The following regulatory features from the Encyclopedia of DNA Elements (ENCODE) ⁵³ were used to annotate IBD risk loci: DNaseI hypersensitivity sites, transcription factor binding sites, histone modification and DNA-polymerase sites. The cell types in which they occur are also reported. Regulatory elements were extracted using the Variant Explorer tool.

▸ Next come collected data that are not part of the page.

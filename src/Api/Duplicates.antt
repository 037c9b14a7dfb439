-- ===== src/Api/Duplicates.antt =====
-- The checks for duplicates in pkg/parser/api/parser/api.go report exactly the texts that stand at
-- two places.
use mathlib.Core.Path.{fun_ext}
use goctl.Api.Checks.{
  import_nodes, expr_names, type_names, check_imports, check_import_stmt, check_keys,
  check_info_stmt, check_expr_list, check_types, check_type_stmt,
}
use goctl.Api.Convert.{Api, InfoStmt}
use goctl.Api.Errors.{returns}
use goctl.Api.Filter.{FilterBuilder, check_node_with_prefix, check}
use goctl.Api.Filtered.{AllUnique, check-append, check-AllUnique}
use goctl.Ast.{
  Node, TypeExpr, KvExpr, Stmt, type_literal, type_group, syntax_stmt, info_stmt, service_stmt,
  import_literal, import_group, comment_stmt,
}
use goctl.Base.{◌≡◌, refl, ◌↔◌, List, [], ◌∷◌, Option, none, some}

check_imports-check :
    (ss : List Stmt) (b : FilterBuilder) → check_imports ss b ≡ check (import_nodes ss) b
unfolding check_imports import_nodes
check_imports-check [] b = unfold check check_node_with_prefix in refl
check_imports-check (import_literal i v ∷ ss) b =
    rw (fun_ext (check_imports-check ss)) (check-append (v ∷ []) (import_nodes ss) b)
check_imports-check (import_group i l vs r ∷ ss) b =
    rw (fun_ext (check_imports-check ss)) (check-append vs (import_nodes ss) b)
check_imports-check (syntax_stmt _ _ _ ∷ ss) b = check_imports-check ss b
check_imports-check (info_stmt _ _ _ _ ∷ ss) b = check_imports-check ss b
check_imports-check (service_stmt _ ∷ ss) b = check_imports-check ss b
check_imports-check (type_literal _ _ ∷ ss) b = check_imports-check ss b
check_imports-check (type_group _ _ _ _ ∷ ss) b = check_imports-check ss b
check_imports-check (comment_stmt _ ∷ ss) b = check_imports-check ss b

check_expr_list-check :
    (es : List TypeExpr) (b : FilterBuilder) → check_expr_list es b ≡ check (expr_names es) b
unfolding check_expr_list expr_names
check_expr_list-check [] b = unfold check check_node_with_prefix in refl
check_expr_list-check (e ∷ es) b =
    rw (fun_ext (check_expr_list-check es)) (check-append (e.name ∷ []) (expr_names es) b)

check_types-check :
    (ss : List Stmt) (b : FilterBuilder) → check_types ss b ≡ check (type_names ss) b
unfolding check_types type_names
check_types-check [] b = unfold check check_node_with_prefix in refl
check_types-check (type_literal n e ∷ ss) b =
    rw (fun_ext (check_types-check ss)) (check-append (e.name ∷ []) (type_names ss) b)
check_types-check (type_group n l es r ∷ ss) b =
    rw (fun_ext (check_types-check ss), check_expr_list-check es b)
      (check-append (expr_names es) (type_names ss) b)
check_types-check (syntax_stmt _ _ _ ∷ ss) b = check_types-check ss b
check_types-check (info_stmt _ _ _ _ ∷ ss) b = check_types-check ss b
check_types-check (service_stmt _ ∷ ss) b = check_types-check ss b
check_types-check (import_literal _ _ ∷ ss) b = check_types-check ss b
check_types-check (import_group _ _ _ _ ∷ ss) b = check_types-check ss b
check_types-check (comment_stmt _ ∷ ss) b = check_types-check ss b

abbrev pub keys_of : List KvExpr → List Node
keys_of [] = []
keys_of (kv ∷ kvs) = kv.key ∷ keys_of kvs

check_keys-check :
    (kvs : List KvExpr) (b : FilterBuilder) → check_keys kvs b ≡ check (keys_of kvs) b
unfolding check_keys
check_keys-check [] b = unfold check check_node_with_prefix in refl
check_keys-check (kv ∷ kvs) b =
    rw (fun_ext (check_keys-check kvs)) (check-append (kv.key ∷ []) (keys_of kvs) b)

pub check_import_stmt_iff :
    (api : Api) → (check_import_stmt api ≡ returns tt) ↔ AllUnique (import_nodes api.import_stmt)
unfolding check_import_stmt
check_import_stmt_iff api =
    rw (fun_ext (check_imports-check api.import_stmt)) (check-AllUnique _ _ _)

pub check_type_stmt_iff :
    (api : Api) → (check_type_stmt api ≡ returns tt) ↔ AllUnique (type_names api.type_stmt)
unfolding check_type_stmt
check_type_stmt_iff api = rw (fun_ext (check_types-check api.type_stmt)) (check-AllUnique _ _ _)

-- The keys of the info statement, if there is one.
abbrev pub info_keys : Option InfoStmt → List Node
info_keys none = []
info_keys (some i) = keys_of i.values

check_info_stmt-by_info :
    (api : Api) (o : Option InfoStmt)
    → api.info ≡ o
    → (check_info_stmt api ≡ returns tt) ↔ AllUnique (info_keys o)
unfolding check_info_stmt
check_info_stmt-by_info api none h = rw (h, check_info_stmt) (λ _. ([], refl, tt), λ _. refl)
check_info_stmt-by_info api (some i) h =
    rw (h, check_info_stmt, fun_ext (check_keys-check i.values)) (check-AllUnique _ _ _)

pub check_info_stmt_iff :
    (api : Api) → (check_info_stmt api ≡ returns tt) ↔ AllUnique (info_keys api.info)
check_info_stmt_iff api = check_info_stmt-by_info api api.info refl

-- `checkImportStmt`, `checkInfoStmt` and `checkTypeStmt` each return nil exactly if the nodes that
-- they check, those of the imported paths, of the info keys and of the type names, are not nil and
-- no text stands at two different places among them.
pub check_stmts_iff :
    (api : Api)
    → ((check_import_stmt api ≡ returns tt) ↔ AllUnique (import_nodes api.import_stmt))
      × ((check_info_stmt api ≡ returns tt) ↔ AllUnique (info_keys api.info))
      × ((check_type_stmt api ≡ returns tt) ↔ AllUnique (type_names api.type_stmt))
check_stmts_iff api = (check_import_stmt_iff api, check_info_stmt_iff api, check_type_stmt_iff api)
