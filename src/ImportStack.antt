-- ===== src/ImportStack.antt =====
-- The stack of import paths of pkg/parser/api/importstack/importstack.go, its bottom first.
use goctl.Base.{
  ◌≡◌, refl, ◌⊎◌, inl, inr, Bool, true, false, ◌||◌, List, [], ◌∷◌, ◌++◌, Option, none, some, Text,
  if◌then◌else◌, text_eq, text_eq_iff, Bool-cases, arith, sym,
}

pub data Error : Type 0 where
  import_cycle_not_allowed : Error

-- The loop of `Push`.
unfoldable pub is_on : Text → List Text → Bool
unfolding text_eq
is_on p [] = false
is_on p (x ∷ xs) = text_eq x p || is_on p xs

-- `Push`: nil or an error, with the stack.
unfoldable pub push : Text → List Text → Option Error × List Text
push p s = if is_on p s then (some import_cycle_not_allowed, s) else (none, s ++ p ∷ [])

-- `Pop`; `none` is the panic of the slice on an empty stack.
unfoldable pub pop : List Text → Option (List Text)
pop [] = none
pop (x ∷ xs) = let rest = pop xs in elim rest [ none ↦ some [] | some ys ↦ some (x ∷ ys) ]

abbrev pub IsIn : Text → List Text → Type 0
IsIn p [] = ⊥
IsIn p (x ∷ xs) = (x ≡ p) ⊎ IsIn p xs

-- No path stands on the stack twice.
abbrev pub IsDistinct : List Text → Type 0
IsDistinct [] = Unit
IsDistinct (x ∷ xs) = (¬ IsIn x xs) × IsDistinct xs

is_on-IsIn : (p : Text) (s : List Text) → is_on p s ≡ true → IsIn p s
unfolding is_on
is_on-IsIn p [] h = cc
is_on-IsIn p (x ∷ xs) h = elim (Bool-cases (text_eq x p)) [
  | inl e ↦ inl ((text_eq_iff x p).0 e)
  | inr e ↦ inr (is_on-IsIn p xs (rw e at h))
]

pub is_on-not_IsIn : (p : Text) (s : List Text) → is_on p s ≡ false → ¬ IsIn p s
unfolding is_on
is_on-not_IsIn p [] h i = i
is_on-not_IsIn p (x ∷ xs) h (inl e) = ground (arith, text_eq_iff x p)
is_on-not_IsIn p (x ∷ xs) h (inr i) = ground (arith, is_on-not_IsIn p xs)

IsIn-concat : (x p : Text) (s : List Text) → IsIn x (s ++ p ∷ []) → IsIn x s ⊎ (p ≡ x)
IsIn-concat x p [] (inl e) = inr e
IsIn-concat x p [] (inr i) = absurd i
IsIn-concat x p (y ∷ s) (inl e) = inl (inl e)
IsIn-concat x p (y ∷ s) (inr i) = elim (IsIn-concat x p s i) [ inl j ↦ inl (inr j) | inr e ↦ inr e ]

IsDistinct-concat :
    (p : Text) (s : List Text) → (¬ IsIn p s) → IsDistinct s → IsDistinct (s ++ p ∷ [])
IsDistinct-concat p [] n d = (λ i. i, tt)
IsDistinct-concat p (x ∷ s) n d = (
  λ i. elim (IsIn-concat x p s i) [ inl j ↦ d.0 j | inr e ↦ n (inl (sym e)) ],
  IsDistinct-concat p s (λ i. n (inr i)) d.1,
)

pub pop-concat : (p : Text) (s : List Text) → pop (s ++ p ∷ []) ≡ some s
unfolding pop
pop-concat p [] = refl
pop-concat p (x ∷ s) = rw (pop-concat p s) refl

-- On a stack with no path twice, `Push` of a path that is on it returns the error and leaves the
-- stack as it was; of any other path it returns no error, no path stands twice on the new stack,
-- and `Pop` takes it back to the old one.
pub push_lem :
    (p : Text) (s : List Text)
    → IsDistinct s
    → (IsIn p s × (push p s ≡ (some import_cycle_not_allowed, s)))
      ⊎ ((¬ IsIn p s)
          × ((push p s).0 ≡ none)
          × IsDistinct (push p s).1
          × (pop (push p s).1 ≡ some s))
unfolding push
push_lem p s d = elim (Bool-cases (is_on p s)) [
  | inl e ↦ inl (is_on-IsIn p s e, rw e refl)
  | inr e ↦
      let n = is_on-not_IsIn p s e in
      inr (rw e (n, refl, IsDistinct-concat p s n d, pop-concat p s))
]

Modelling European vs. Non European IBD risk

Effect size and frequency comparisons

For each associated SNP for a given phenotype as defined from the likelihood modelling, we estimated correlation between logORs in European and non-European populations using a weighted linear regression with the inverse variance of the non-European logOR as weights. For an associated SNP, differences in the effect size between two populations were tested using t-tests for a significant difference in log odds ratios (ORs). Fixation index (F_st) values for a SNP between two populations were calculated using the Weir and Cockerham method on allele frequencies in control samples only ⁵⁴. The proportion of variance explained by each associated locus per population was calculated using a liability threshold model⁵³ assuming a disease prevalence of 500 per 100,000 and log-additive disease risk.

Genetic correlations

The proportion of genetic variation tagged by Immunochip SNPs that is shared between European and each non-European cohort (r_G) was estimated using the bivariate linear mixed-effects model implemented in GCTA ⁵⁵.The method was applied across Immunochip individuals for each European vs. non-European pairwise comparison for Crohn's disease and ulcerative colitis, with 20 PCs as covariates and assuming a disease prevalence of 0.005. To test whether r_G is significantly different from 0 (or 1), r_G was fixed at 0 (or 1) and a likelihood ratio test comparing this constrained model with the unconstrained model was applied. An rG of 0 means that no genetic variants are shared between the two populations, while a value of 1 means that all the genetic variance tagged in one population is shared with the other. In the European cohort, only 10,000 cases and 10,000 controls (selected at random) were included due to computation limitations, while all non-European samples were included.